(Data entries)

☆ ☆ ☆ ☆ ☆

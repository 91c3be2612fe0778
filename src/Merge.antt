-- ===== src/Merge.antt =====
-- `src/features/sync/merge/`: the one boundary that every remote change of an anime crosses.
pub mod Fields
pub mod Columns
pub mod Snapshot
pub mod Resync
pub mod Apply
pub mod Protection
pub mod Redelivery
pub mod Counts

☆ ☆ ☆ ☆ ☆

▶ **TASK PROMPT**: Go through the records above and write each one out again exactly.

▶ **TASK RESULT**:
repository 91c3be2612fe0778
filename src/Merge.antt
-- ===== src/Merge.antt =====
-- `src/features/sync/merge/`: the one boundary that every remote change of an anime crosses.
pub mod Fields
pub mod Columns
pub mod Snapshot
pub mod Resync
pub mod Apply
pub mod Protection
pub mod Redelivery
pub mod Counts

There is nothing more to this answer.